Surface topography was qualitatively assessed using scanning electron microscopy (SEM, Hitachi SU-70, Tokyo, Japan). Disks were secured on imaging stubs with carbon tape and imaged with 56 μA ion current, 4 kV accelerating voltage and 4 mm working distance. Three locations per disk were imaged to ensure homogeneous assessment, with at least two disks per group imaged.

2.2.4. Roughness

Macro-and micro-roughness were analyzed with confocal laser microscopy (LEXT OLS4000, Olympus, Center Valley, PA). Macro roughness was analyzed with a 10× objective, and micro-roughness was analyzed with a 20× objective and additional 5× optical zoom. After a three point correction, a cutoff wavelength of 100 μm was used to analyze average roughness (Ra) and surface area.

2.2.5. Porosity

3D constructs were analyzed for porosity using micro-computed tomography (micro CT) (SkyScan 1173, Micro Photonics, Allentown, PA). A volume of interest of 469 mm3, or approximately 66% of each construct's porous volume, was analyzed for total percent porosity, open porosity, pore diameter, strut size, and surface area to volume (SA/V) ratio. Scans were taken using an Al 1.0 mm filter, 100 kV voltage, 80 μA current, 1120 × 1120 camera pixels, 0.2° rotation step, frame averaging of 10, and random movement of 10. Post-processing included a global threshold of 100–255 and despeckling black and white speckles less than 10 voxels. We verified the validity of micro CT analysis by comparison of total porosity analyzed through a traditional method based on size and mass (figure 1(C)).

2.2.6. Mechanical testing

Compressive moduli of 3D constructs were determined using the MTS Insight 30 testing machine (MTS Systems, Minnesota, USA). A pre-load of 0.01 kN was applied at 0.025 mm s−1, then a test speed of 0.02 mm s−1 was used until failure or the maximum load of 30 kN was applied. Data acquisition rate was 500 Hz, and the compressive modulus was taken as the slope output of the resulting stress/strain curve. Testing was performed on 6 constructs per group (total n = 6).

2.3. Biological response

2.3.1. Cell viability

The MG63 human osteoblast-like cell line was used as a model for osteoblast viability, proliferation and differentiation on sintered surfaces. These cells have been characterized and have been used as a model for osteoblast response to titanium surfaces with varying topography [29, 30]. Surfaces were sterilized in UV for 20 min in a biosafety cabinet prior to cell culture. Cells were cultured in tissue culture polystyrene (TCPS) flasks until confluence, then centrifuged and resuspended to yield a plating density of 30 000 cells per cm2 on TCPS, or 60 000 cells per surface in a 24-well plate. Dulbecco's modified Eagle medium (DMEM) with 10% fetal bovine serum (FBS) and 1% penicillin/streptomycin was used to feed cells 24 h after plating and treat at confluence according to the TCPS control. 24 h after confluence, cells were treated with 5 μM calcein-AM and 4 μM ethidium homodimer-1 (LIVE/DEAD, Life Technologies, California, USA) in 1× Dulbecco's phosphate buffered saline (D-PBS, Life Technologies) for 20 min. Surfaces were imaged using the Zeiss LSM 710 confocal microscope (Zeiss, Oberkochen, Germany). Individual images were taken of 2D disks, while 550 um z-stacks were taken of 3D disks. Green (live) and red (dead) channel thresholds were optimized for each group in order to better distinguish cells. Three images were analyzed and averaged per z-stack, with at least n = 6 total areas (z-stacks) analyzed for at least two constructs per group (total n = 12).

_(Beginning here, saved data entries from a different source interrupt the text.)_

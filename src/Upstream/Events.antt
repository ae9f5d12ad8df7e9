-- ===== src/Upstream/Events.antt =====
-- internal/upstream/client.go: readEvents, on the lines of the stream.
--
-- The stream is given whole; what follows its last newline is dropped. The event fields are `event`
-- and `body` (data).
use Prim.Native.Char.{Char, code}
use mcp_proxy.Prelude.{
  Bool, List, Option, String, [], eqb, if◌then◌else◌, leb, none, some, ℕ, ◌&&◌, ◌==◌, ◌∷◌, ◌||◌,
  not, true, false,
}
use mcp_proxy.Upstream.{Client, Decoder, handle_disconnect, handle_event}

-- unicode.IsSpace
unfoldable pub is_space : ℕ → Bool
is_space c =
    leb 9 c && leb c 13
    || eqb c 32
    || eqb c 133
    || eqb c 160
    || eqb c 5760
    || leb 8192 c && leb c 8202
    || eqb c 8232
    || eqb c 8233
    || eqb c 8239
    || eqb c 8287
    || eqb c 12288

unfoldable pub trim_left : String → String
unfolding is_space
trim_left String.[] = String.[]
trim_left (String.◌∷◌ c s) =
    let rest = trim_left s in if is_space (code c) then rest else String.◌∷◌ c s

-- A character before what is left of the rest: a space before nothing is dropped.
unfoldable pub keep_char : Char → String → String
unfolding is_space
keep_char c String.[] = if is_space (code c) then String.[] else String.◌∷◌ c String.[]
keep_char c (String.◌∷◌ d s) = String.◌∷◌ c (String.◌∷◌ d s)

unfoldable pub trim_right : String → String
unfolding keep_char
trim_right String.[] = String.[]
trim_right (String.◌∷◌ c s) = keep_char c (trim_right s)

-- strings.TrimSpace
unfoldable pub trim : String → String
unfolding trim_left trim_right
trim s = trim_right (trim_left s)

-- strings.HasPrefix(s, p)
unfoldable pub has_prefix : String → String → Bool
has_prefix String.[] s = true
has_prefix (String.◌∷◌ d p) String.[] = false
has_prefix (String.◌∷◌ d p) (String.◌∷◌ c s) = eqb (code c) (code d) && has_prefix p s

-- strings.TrimPrefix(s, p), for an `s` that starts with `p`
unfoldable pub after_prefix : String → String → String
after_prefix String.[] s = s
after_prefix (String.◌∷◌ d p) String.[] = String.[]
after_prefix (String.◌∷◌ d p) (String.◌∷◌ c s) = after_prefix p s

-- The fields of the event so far.
pub record Fields : Type 0 where
  pub event : String
  pub body : String

abbrev pub no_fields : Fields
no_fields = record { event = ""; body = "" }

unfoldable pub read_field : String → Fields → Fields
unfolding trim after_prefix has_prefix
read_field line f =
    if has_prefix "event:" line
    then record f { event = trim (after_prefix "event:" line) }
    else if has_prefix "data:" line
    then record f { body = trim (after_prefix "data:" line) }
    else f

-- An empty line.
unfoldable pub end_event : Decoder → Fields → Client → Option Client
unfolding handle_event
end_event request_id f c =
    if not (f.event == "") || not (f.body == "")
    then handle_event request_id f.event f.body c
    else some c

-- readEvents from a state of the fields; `done` is not closed. A panic is `none`.
unfoldable pub read_events : Decoder → List String → Fields → Client → Option Client
unfolding trim read_field end_event handle_disconnect
read_events request_id [] f c = some (handle_disconnect c)
read_events request_id (l ∷ lines) f c =
    let line = trim l in
    if line == ""
    then elim (end_event request_id f c) [
      | none ↦ none
      | some d ↦ read_events request_id lines no_fields d
    ]
    else read_events request_id lines (read_field line f) c

-- A character put before the first line; without one, it belongs to no complete line.
unfoldable pub push_first : Char → List String → List String
push_first c [] = []
push_first c (l ∷ ls) = String.◌∷◌ c l ∷ ls

-- What ReadString gives until the end of the stream, without the newlines.
unfoldable pub complete_lines : String → List String
unfolding push_first
complete_lines String.[] = []
complete_lines (String.◌∷◌ c s) =
    let rest = complete_lines s in if eqb (code c) 10 then "" ∷ rest else push_first c rest

unfoldable pub read_stream : Decoder → String → Client → Option Client
unfolding read_events complete_lines
read_stream request_id text c = read_events request_id (complete_lines text) no_fields c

2.3.2. Osteoblast proliferation and maturation

Surfaces were gamma irradiated prior to cell culture. MG63 cells were cultured as described above. Medium was changed at confluence, and cells were harvested 24 h after confluence, rinsed twice with 1xPBS, then stored at −20 °C overnight for biological assays. Cell lysate was assayed for DNA content (P7589, Invitrogen) and total protein content (23225, Pierce). Alkaline phosphatase specific activity was measured as a function of p-nitrophenol production from p-nitrophenylphosphate at pH 10.2 and normalized to total protein. Medium was assayed for osteocalcin (OCN, BT-480, Biomedical Technologies), VEGF (DY293B, R&D Systems), OPG (DY805, R&D Systems), BMP2 (900-K255, PeproTech) and BMP4 (DY 314, R&D Systems). Data were normalized to total DNA content. Experiments were performed at least twice to ensure validity of the results.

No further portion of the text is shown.